Records from a dataset
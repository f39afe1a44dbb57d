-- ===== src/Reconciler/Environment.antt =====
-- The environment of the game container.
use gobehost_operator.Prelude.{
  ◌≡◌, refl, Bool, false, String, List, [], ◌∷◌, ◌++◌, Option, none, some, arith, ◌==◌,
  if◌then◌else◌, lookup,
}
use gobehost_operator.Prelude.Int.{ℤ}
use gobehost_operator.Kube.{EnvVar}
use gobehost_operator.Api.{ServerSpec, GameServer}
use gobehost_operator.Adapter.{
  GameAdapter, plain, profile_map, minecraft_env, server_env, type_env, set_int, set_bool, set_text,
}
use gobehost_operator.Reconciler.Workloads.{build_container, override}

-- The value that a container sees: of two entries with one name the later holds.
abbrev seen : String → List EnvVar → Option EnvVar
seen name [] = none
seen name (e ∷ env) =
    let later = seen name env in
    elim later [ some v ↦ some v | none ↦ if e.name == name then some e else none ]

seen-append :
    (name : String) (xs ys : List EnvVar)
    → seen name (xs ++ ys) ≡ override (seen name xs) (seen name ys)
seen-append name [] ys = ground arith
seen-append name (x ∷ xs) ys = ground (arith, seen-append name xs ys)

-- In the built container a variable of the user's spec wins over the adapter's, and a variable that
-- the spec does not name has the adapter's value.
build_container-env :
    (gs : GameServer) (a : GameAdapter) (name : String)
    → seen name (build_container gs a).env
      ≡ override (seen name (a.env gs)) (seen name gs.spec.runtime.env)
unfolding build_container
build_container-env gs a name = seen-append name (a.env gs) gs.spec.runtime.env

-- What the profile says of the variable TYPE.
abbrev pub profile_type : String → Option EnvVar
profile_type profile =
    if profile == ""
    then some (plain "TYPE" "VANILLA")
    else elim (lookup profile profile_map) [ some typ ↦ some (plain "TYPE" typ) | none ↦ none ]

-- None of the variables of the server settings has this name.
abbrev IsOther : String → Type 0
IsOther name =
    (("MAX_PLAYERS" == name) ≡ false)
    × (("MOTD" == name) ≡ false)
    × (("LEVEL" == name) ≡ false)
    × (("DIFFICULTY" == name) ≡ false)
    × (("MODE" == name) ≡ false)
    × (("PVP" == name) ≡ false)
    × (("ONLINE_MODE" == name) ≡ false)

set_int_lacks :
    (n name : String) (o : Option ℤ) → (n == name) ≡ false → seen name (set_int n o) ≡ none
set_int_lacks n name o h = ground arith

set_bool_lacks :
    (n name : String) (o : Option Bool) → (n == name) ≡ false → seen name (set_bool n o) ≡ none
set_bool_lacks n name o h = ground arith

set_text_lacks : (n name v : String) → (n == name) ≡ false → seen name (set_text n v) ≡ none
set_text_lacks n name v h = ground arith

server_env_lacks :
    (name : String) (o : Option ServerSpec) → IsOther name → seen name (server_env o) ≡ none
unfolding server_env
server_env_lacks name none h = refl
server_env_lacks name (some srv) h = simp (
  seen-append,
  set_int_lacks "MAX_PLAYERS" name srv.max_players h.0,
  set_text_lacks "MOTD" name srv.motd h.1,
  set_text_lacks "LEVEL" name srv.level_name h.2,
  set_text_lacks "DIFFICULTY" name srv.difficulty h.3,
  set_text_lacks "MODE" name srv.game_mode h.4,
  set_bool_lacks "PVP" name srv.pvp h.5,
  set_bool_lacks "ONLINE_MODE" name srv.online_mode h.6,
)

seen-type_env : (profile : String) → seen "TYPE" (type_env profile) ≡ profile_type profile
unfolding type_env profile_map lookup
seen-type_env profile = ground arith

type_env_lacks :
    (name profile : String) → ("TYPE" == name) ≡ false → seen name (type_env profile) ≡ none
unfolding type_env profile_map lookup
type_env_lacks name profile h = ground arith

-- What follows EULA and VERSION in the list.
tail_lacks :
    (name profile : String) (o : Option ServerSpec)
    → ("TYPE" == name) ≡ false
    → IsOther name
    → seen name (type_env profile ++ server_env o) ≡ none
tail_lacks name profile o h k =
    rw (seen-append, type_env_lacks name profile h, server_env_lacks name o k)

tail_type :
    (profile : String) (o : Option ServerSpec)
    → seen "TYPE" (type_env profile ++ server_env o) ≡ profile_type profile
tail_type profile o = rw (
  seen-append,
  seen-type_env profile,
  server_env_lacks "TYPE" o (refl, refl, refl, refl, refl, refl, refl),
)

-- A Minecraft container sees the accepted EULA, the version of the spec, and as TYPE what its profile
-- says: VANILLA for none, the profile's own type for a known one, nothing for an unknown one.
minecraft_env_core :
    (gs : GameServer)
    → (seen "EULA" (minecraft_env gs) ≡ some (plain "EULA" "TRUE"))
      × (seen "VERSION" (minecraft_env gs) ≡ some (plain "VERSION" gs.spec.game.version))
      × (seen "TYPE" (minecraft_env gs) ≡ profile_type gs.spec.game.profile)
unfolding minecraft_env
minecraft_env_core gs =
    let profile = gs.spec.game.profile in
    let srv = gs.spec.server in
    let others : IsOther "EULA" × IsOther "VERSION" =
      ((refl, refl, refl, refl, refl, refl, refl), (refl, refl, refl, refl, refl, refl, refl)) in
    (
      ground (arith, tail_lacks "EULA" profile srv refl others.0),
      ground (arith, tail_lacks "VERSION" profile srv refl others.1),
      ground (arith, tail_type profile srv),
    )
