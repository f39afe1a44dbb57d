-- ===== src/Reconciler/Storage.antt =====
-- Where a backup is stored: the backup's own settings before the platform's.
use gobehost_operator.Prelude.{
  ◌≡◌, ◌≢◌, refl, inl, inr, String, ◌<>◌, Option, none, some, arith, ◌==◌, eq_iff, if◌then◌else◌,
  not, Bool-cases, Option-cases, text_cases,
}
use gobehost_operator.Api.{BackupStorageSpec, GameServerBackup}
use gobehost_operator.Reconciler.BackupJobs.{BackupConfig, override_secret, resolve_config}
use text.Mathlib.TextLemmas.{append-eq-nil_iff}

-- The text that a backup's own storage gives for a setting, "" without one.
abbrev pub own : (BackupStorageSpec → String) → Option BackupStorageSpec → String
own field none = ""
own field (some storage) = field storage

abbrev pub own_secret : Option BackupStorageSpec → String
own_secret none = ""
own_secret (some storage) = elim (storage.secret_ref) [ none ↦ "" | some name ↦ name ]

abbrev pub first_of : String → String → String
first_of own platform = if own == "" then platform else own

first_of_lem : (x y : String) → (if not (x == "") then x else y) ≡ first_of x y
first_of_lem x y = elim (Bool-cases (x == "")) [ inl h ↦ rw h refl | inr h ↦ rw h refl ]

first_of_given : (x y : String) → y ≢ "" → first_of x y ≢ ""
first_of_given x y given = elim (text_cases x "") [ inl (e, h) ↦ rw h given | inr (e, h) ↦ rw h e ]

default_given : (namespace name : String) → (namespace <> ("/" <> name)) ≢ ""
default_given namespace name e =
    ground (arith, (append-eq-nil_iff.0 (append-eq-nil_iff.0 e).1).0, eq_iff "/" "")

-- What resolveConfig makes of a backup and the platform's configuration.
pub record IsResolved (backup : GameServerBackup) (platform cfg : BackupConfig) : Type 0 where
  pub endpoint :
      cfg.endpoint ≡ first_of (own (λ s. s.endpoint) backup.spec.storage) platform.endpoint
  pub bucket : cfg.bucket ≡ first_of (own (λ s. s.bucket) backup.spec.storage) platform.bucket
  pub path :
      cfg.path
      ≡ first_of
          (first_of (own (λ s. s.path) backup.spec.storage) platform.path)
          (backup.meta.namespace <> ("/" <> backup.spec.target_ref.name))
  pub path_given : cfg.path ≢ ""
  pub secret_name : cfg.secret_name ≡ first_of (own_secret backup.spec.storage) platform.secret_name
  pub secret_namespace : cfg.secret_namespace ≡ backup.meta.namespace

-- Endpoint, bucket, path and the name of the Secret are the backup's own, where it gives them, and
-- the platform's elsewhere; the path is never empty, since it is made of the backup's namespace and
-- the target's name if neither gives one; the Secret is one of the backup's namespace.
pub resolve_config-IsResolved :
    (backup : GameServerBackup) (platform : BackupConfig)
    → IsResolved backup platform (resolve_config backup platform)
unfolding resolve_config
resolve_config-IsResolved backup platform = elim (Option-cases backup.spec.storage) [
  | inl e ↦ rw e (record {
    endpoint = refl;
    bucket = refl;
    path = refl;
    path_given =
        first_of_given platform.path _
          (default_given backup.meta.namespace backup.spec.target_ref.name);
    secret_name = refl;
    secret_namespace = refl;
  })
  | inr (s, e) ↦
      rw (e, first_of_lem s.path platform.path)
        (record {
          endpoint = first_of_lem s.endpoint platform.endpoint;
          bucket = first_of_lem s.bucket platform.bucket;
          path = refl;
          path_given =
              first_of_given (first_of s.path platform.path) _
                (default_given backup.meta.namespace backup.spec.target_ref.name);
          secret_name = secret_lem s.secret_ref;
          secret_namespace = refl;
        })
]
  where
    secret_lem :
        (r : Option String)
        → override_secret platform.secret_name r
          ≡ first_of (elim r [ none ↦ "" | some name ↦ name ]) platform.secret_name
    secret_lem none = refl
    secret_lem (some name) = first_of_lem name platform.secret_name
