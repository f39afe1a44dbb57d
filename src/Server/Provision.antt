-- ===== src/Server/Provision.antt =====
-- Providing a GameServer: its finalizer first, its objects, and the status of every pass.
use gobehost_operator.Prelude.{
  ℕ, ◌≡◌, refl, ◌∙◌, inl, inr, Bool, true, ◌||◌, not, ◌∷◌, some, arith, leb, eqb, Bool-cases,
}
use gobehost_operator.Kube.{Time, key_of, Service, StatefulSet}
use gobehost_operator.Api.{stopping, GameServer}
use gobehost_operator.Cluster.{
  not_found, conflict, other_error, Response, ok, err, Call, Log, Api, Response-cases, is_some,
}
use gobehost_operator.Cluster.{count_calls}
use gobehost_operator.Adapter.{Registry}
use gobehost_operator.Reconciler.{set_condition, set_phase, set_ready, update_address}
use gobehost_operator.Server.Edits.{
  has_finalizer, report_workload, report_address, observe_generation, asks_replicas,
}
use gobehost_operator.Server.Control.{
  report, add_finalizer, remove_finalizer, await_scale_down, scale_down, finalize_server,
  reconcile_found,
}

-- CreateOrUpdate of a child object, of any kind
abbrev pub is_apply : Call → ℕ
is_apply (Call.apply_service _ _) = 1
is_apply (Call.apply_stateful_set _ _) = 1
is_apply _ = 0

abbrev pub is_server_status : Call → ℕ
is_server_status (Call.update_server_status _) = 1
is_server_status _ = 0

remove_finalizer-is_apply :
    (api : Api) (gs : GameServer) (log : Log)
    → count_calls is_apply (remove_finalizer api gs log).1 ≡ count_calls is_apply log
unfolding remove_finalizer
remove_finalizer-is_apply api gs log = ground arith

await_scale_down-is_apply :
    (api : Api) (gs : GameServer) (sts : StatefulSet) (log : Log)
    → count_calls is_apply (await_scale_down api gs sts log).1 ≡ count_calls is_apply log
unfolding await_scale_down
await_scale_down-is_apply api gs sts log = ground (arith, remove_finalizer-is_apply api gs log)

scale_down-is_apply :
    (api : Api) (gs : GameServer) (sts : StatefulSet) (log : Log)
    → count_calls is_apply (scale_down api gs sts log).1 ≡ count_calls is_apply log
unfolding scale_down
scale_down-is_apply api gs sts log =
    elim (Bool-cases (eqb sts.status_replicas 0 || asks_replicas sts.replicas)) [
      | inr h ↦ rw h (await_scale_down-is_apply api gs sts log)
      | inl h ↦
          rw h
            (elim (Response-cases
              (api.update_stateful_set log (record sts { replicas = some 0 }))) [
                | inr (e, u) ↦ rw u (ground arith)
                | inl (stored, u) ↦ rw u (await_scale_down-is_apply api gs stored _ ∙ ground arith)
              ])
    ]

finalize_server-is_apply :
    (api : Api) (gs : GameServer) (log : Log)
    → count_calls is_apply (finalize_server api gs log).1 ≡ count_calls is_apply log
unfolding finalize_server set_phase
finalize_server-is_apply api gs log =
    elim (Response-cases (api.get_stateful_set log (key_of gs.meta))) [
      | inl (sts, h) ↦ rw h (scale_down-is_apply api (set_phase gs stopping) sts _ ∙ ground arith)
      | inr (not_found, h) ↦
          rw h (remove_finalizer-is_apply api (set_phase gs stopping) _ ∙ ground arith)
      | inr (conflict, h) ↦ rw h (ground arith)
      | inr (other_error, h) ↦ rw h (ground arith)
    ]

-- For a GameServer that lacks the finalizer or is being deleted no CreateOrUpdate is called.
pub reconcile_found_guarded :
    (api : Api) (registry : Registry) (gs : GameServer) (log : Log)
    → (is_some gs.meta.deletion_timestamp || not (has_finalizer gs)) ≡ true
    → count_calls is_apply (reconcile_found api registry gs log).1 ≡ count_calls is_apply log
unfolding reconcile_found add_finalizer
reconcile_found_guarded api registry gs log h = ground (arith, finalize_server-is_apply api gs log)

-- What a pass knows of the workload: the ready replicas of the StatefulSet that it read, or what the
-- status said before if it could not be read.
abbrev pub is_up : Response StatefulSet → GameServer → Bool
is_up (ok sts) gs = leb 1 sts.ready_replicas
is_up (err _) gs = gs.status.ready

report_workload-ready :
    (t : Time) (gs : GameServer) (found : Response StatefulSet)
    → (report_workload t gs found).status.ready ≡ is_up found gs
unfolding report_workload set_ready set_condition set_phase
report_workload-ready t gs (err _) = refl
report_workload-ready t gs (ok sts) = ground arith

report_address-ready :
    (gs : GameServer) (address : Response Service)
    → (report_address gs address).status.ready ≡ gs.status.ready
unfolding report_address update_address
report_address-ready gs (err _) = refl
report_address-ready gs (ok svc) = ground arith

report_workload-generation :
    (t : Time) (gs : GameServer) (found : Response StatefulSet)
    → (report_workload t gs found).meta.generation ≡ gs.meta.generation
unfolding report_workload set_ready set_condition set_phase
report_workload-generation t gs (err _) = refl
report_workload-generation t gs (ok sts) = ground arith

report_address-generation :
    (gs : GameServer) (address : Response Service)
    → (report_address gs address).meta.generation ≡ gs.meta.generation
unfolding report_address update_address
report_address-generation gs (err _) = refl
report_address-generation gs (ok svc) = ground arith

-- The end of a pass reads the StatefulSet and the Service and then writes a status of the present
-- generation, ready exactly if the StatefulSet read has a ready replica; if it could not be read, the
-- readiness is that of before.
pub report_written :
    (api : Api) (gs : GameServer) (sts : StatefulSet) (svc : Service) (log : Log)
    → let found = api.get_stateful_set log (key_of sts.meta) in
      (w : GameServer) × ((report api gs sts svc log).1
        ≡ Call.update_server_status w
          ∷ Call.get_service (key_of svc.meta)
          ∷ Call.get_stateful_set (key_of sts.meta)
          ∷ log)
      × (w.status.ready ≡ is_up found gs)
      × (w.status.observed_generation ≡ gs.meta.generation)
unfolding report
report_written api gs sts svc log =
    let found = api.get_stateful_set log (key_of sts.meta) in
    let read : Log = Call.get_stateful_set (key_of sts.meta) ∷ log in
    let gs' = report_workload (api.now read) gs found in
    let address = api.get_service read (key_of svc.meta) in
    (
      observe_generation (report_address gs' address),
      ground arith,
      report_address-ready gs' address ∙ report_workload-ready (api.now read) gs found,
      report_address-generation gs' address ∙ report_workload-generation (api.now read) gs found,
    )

---

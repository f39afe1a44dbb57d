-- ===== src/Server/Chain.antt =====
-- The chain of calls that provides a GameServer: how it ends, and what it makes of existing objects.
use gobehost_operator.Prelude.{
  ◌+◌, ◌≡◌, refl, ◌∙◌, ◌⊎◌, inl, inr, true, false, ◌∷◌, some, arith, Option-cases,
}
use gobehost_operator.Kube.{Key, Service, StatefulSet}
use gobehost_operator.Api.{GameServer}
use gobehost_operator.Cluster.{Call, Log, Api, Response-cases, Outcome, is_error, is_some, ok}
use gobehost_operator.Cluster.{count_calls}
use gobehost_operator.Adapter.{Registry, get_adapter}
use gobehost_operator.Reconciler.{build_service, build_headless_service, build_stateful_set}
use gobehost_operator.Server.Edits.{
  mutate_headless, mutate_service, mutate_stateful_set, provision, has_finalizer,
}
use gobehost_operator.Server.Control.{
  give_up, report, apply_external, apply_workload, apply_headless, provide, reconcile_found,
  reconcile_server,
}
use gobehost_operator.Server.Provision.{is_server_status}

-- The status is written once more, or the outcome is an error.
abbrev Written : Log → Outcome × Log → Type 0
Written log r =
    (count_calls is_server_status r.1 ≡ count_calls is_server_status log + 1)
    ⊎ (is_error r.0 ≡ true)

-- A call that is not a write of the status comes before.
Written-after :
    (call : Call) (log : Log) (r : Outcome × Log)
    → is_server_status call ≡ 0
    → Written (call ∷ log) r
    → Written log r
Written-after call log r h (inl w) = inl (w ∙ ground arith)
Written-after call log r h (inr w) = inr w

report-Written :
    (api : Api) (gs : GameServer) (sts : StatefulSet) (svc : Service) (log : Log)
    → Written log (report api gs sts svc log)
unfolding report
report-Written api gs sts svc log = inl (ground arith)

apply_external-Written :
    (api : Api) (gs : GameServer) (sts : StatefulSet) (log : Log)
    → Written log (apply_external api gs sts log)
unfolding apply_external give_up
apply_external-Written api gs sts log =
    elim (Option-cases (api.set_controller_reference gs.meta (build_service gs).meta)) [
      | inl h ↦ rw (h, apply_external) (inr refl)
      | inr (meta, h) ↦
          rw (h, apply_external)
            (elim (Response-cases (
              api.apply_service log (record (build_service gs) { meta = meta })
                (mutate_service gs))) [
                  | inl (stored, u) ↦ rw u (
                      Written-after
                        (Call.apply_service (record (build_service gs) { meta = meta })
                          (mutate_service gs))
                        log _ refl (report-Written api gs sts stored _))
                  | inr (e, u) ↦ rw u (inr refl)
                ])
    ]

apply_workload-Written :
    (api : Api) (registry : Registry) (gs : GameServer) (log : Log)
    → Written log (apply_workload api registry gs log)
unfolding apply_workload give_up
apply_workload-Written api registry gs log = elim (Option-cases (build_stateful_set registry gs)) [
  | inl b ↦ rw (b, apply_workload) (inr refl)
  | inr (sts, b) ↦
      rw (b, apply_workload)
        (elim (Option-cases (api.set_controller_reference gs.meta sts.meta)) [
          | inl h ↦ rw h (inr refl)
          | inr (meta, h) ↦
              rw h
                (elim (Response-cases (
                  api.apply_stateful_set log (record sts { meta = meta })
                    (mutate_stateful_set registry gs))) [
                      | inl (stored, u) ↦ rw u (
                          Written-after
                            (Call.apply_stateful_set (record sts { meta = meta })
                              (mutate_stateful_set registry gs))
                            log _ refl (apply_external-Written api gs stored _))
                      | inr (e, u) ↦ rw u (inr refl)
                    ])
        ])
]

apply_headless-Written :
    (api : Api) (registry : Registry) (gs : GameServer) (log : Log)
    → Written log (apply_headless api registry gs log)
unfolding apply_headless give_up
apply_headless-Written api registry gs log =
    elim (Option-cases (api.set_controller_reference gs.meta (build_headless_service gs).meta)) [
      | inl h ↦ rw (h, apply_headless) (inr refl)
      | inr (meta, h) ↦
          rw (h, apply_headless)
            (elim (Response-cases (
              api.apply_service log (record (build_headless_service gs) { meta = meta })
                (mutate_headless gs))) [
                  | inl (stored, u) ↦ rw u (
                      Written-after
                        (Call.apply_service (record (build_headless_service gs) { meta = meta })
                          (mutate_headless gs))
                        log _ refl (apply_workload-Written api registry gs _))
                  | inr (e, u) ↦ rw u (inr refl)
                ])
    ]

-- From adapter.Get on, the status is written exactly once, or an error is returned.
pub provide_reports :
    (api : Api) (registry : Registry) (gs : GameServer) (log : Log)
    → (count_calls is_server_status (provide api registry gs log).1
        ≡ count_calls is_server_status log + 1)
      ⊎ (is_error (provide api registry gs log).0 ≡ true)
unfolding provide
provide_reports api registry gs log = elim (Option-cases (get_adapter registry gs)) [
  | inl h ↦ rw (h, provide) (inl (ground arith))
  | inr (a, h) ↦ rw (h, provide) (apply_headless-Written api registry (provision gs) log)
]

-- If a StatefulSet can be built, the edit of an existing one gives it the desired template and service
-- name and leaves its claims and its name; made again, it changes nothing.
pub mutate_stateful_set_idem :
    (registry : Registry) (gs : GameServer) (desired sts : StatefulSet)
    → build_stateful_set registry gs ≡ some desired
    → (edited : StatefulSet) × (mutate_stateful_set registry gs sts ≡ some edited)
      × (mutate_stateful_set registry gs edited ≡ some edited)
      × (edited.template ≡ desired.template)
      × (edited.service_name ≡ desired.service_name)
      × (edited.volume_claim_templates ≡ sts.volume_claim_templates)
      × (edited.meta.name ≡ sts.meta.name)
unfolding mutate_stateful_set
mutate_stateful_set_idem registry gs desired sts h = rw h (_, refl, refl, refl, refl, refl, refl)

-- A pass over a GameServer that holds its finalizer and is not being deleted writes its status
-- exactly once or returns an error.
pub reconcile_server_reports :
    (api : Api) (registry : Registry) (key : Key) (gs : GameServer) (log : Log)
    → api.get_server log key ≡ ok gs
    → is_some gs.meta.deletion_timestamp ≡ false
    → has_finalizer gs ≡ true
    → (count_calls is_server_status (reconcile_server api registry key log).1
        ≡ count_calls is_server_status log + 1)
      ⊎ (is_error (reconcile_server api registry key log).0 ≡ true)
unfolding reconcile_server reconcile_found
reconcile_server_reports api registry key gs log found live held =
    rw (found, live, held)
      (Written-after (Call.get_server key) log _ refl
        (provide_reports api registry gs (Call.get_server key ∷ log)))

==

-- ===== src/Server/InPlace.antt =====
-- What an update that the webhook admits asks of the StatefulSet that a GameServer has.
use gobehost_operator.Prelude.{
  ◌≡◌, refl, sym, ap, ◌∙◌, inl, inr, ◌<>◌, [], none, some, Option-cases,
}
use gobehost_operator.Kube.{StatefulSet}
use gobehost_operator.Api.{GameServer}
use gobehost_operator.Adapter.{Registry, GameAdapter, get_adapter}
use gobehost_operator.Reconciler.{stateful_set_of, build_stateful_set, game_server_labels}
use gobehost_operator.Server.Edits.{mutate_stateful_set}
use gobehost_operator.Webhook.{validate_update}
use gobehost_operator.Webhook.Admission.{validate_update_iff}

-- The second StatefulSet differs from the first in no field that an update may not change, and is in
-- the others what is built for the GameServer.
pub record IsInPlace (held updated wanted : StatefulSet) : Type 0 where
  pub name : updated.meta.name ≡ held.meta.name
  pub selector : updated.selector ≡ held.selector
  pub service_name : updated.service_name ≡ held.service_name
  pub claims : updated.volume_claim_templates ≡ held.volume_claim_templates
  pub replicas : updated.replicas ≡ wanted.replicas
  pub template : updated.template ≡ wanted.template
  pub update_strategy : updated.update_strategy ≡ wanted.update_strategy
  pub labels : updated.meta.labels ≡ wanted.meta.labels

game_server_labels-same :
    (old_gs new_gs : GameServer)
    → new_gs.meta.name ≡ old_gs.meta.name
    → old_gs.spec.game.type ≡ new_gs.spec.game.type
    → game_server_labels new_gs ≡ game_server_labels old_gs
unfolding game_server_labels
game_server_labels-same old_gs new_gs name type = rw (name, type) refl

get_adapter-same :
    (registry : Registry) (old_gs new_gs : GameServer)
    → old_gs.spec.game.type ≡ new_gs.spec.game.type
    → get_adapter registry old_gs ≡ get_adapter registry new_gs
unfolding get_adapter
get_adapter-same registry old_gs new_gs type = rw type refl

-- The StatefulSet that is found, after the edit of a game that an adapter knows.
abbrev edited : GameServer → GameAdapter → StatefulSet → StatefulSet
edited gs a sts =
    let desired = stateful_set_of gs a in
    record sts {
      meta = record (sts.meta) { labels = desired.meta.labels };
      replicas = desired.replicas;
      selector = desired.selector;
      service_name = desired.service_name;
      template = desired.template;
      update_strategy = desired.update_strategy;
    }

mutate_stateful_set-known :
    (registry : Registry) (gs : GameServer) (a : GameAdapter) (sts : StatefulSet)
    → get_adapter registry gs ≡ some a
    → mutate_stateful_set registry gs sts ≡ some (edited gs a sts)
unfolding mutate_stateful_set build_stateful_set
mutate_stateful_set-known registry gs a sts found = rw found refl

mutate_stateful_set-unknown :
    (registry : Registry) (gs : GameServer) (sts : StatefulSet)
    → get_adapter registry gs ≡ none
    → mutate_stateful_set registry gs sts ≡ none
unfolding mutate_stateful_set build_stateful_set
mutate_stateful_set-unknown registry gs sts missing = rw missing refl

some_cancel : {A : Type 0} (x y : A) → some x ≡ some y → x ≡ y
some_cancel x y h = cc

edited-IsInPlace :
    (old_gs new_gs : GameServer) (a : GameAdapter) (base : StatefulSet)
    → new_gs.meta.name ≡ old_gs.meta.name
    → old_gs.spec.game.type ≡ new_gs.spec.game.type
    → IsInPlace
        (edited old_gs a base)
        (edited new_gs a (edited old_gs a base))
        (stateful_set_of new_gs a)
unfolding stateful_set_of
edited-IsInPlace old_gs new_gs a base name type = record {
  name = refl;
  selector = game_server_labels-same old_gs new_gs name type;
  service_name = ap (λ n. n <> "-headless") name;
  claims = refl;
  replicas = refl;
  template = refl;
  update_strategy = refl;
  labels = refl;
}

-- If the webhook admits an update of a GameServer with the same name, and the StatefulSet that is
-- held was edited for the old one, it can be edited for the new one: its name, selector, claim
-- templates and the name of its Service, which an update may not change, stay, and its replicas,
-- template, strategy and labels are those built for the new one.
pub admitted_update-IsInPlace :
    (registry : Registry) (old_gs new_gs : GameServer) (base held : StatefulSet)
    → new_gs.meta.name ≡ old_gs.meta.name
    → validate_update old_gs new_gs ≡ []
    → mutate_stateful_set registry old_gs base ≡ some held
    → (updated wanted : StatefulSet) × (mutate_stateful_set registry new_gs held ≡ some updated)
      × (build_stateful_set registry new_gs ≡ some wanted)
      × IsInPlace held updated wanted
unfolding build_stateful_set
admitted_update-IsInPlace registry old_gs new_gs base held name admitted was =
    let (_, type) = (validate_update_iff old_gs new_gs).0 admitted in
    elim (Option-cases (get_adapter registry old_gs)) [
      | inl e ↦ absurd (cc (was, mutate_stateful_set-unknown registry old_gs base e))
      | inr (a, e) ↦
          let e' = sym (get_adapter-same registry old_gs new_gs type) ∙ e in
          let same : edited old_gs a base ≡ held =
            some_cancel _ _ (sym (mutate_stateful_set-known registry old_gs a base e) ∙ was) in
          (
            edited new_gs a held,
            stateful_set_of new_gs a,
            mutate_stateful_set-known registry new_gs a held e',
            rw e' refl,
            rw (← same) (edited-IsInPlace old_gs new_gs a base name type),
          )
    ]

→ Required action
Read the data above. Pull out each line in which the string "knows" appears.

→ Finished exercise
-- What a pass knows of the workload: the ready replicas of the StatefulSet that it read, or what the
-- The StatefulSet that is found, after the edit of a game that an adapter knows.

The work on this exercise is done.